## Records for this task
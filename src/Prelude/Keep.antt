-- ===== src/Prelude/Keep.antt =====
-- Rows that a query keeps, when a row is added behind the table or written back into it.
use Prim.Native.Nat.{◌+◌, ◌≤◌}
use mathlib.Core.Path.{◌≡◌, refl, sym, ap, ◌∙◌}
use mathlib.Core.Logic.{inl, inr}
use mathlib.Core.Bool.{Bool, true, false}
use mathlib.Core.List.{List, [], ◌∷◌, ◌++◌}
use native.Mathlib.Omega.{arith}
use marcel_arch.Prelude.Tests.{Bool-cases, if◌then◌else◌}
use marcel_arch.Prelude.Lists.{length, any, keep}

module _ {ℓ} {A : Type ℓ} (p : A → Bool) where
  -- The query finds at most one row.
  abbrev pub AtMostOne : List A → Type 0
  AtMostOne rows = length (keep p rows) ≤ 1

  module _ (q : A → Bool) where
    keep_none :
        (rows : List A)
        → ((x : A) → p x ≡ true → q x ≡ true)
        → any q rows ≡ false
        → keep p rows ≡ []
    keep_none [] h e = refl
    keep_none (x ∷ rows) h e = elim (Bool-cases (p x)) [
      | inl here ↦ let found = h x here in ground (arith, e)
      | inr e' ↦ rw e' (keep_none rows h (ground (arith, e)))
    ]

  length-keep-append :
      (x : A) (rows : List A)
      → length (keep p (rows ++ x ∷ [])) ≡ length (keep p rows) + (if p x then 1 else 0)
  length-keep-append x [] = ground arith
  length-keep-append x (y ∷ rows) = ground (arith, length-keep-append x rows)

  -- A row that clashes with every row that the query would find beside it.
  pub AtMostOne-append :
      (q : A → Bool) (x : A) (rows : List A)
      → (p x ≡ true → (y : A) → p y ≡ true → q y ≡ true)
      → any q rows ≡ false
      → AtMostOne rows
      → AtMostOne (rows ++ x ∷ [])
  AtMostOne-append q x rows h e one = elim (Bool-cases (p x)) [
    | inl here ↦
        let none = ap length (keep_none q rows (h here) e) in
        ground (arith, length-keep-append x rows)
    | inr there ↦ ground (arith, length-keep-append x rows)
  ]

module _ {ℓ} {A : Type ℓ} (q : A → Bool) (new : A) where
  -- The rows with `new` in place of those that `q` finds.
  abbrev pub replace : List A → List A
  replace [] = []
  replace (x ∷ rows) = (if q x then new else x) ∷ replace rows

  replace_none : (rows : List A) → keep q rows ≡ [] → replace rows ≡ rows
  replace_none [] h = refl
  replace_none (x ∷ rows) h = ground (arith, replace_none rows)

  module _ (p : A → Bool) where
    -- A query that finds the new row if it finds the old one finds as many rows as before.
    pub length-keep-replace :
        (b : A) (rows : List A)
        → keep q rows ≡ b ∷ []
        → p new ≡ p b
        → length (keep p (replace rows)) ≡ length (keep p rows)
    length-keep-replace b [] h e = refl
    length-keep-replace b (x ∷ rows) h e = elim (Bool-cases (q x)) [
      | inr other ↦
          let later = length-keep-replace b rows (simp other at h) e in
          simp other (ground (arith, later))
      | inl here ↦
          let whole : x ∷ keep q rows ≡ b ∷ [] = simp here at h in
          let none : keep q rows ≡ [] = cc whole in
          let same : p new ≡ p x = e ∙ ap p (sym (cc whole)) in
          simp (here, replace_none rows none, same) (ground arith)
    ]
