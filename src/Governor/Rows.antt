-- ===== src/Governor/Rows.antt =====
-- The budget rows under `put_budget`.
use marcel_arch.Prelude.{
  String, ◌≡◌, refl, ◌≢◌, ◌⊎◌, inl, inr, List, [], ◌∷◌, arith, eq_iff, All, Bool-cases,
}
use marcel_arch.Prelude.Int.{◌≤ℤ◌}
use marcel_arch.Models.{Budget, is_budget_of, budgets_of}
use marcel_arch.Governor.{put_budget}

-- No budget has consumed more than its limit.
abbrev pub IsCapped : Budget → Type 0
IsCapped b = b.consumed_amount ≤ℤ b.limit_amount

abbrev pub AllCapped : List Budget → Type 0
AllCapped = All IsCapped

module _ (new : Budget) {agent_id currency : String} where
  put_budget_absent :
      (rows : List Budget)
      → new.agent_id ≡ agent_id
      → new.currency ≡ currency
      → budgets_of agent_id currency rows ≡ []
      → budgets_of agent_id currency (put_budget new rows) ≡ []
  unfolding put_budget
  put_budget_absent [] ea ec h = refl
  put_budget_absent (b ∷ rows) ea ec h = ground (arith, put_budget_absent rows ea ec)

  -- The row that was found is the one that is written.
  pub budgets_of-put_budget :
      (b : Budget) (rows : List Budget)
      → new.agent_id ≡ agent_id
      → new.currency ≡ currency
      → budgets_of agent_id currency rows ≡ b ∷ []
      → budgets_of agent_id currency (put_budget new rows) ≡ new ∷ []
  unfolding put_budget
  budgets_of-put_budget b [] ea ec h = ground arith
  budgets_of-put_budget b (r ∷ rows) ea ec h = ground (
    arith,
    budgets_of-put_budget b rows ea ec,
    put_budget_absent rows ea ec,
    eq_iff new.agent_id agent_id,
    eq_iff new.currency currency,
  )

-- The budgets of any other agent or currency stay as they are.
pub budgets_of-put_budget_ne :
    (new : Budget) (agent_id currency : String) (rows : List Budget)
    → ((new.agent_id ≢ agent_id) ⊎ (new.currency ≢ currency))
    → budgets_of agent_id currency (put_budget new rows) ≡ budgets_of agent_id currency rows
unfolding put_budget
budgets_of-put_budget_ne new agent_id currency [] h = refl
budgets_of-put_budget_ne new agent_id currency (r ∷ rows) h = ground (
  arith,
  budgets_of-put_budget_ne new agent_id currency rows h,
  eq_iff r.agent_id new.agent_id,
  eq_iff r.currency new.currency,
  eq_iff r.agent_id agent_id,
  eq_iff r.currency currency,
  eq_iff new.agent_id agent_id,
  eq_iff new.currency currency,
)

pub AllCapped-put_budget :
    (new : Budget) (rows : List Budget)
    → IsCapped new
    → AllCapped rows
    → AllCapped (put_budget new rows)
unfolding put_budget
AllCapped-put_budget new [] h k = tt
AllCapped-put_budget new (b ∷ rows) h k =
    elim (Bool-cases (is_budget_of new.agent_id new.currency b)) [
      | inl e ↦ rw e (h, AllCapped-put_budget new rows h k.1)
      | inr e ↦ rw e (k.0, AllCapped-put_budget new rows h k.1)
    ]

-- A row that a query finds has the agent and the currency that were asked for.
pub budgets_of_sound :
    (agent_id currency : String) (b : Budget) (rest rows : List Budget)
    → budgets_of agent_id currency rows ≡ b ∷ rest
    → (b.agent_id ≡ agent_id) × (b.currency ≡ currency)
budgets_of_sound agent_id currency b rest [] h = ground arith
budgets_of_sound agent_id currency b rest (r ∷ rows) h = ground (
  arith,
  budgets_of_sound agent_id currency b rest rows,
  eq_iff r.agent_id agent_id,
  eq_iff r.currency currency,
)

## Work to complete
Your answer must be the lines above from the one containing "-- The budget rows" to the one containing "(new : Budget) (agent_id", both included, restated word for word.

## Output for this exercise
-- The budget rows under `put_budget`.
use marcel_arch.Prelude.{
  String, ◌≡◌, refl, ◌≢◌, ◌⊎◌, inl, inr, List, [], ◌∷◌, arith, eq_iff, All, Bool-cases,
}
use marcel_arch.Prelude.Int.{◌≤ℤ◌}
use marcel_arch.Models.{Budget, is_budget_of, budgets_of}
use marcel_arch.Governor.{put_budget}

-- No budget has consumed more than its limit.
abbrev pub IsCapped : Budget → Type 0
IsCapped b = b.consumed_amount ≤ℤ b.limit_amount

abbrev pub AllCapped : List Budget → Type 0
AllCapped = All IsCapped

module _ (new : Budget) {agent_id currency : String} where
  put_budget_absent :
      (rows : List Budget)
      → new.agent_id ≡ agent_id
      → new.currency ≡ currency
      → budgets_of agent_id currency rows ≡ []
      → budgets_of agent_id currency (put_budget new rows) ≡ []
  unfolding put_budget
  put_budget_absent [] ea ec h = refl
  put_budget_absent (b ∷ rows) ea ec h = ground (arith, put_budget_absent rows ea ec)

  -- The row that was found is the one that is written.
  pub budgets_of-put_budget :
      (b : Budget) (rows : List Budget)
      → new.agent_id ≡ agent_id
      → new.currency ≡ currency
      → budgets_of agent_id currency rows ≡ b ∷ []
      → budgets_of agent_id currency (put_budget new rows) ≡ new ∷ []
  unfolding put_budget
  budgets_of-put_budget b [] ea ec h = ground arith
  budgets_of-put_budget b (r ∷ rows) ea ec h = ground (
    arith,
    budgets_of-put_budget b rows ea ec,
    put_budget_absent rows ea ec,
    eq_iff new.agent_id agent_id,
    eq_iff new.currency currency,
  )

-- The budgets of any other agent or currency stay as they are.
pub budgets_of-put_budget_ne :
    (new : Budget) (agent_id currency : String) (rows : List Budget)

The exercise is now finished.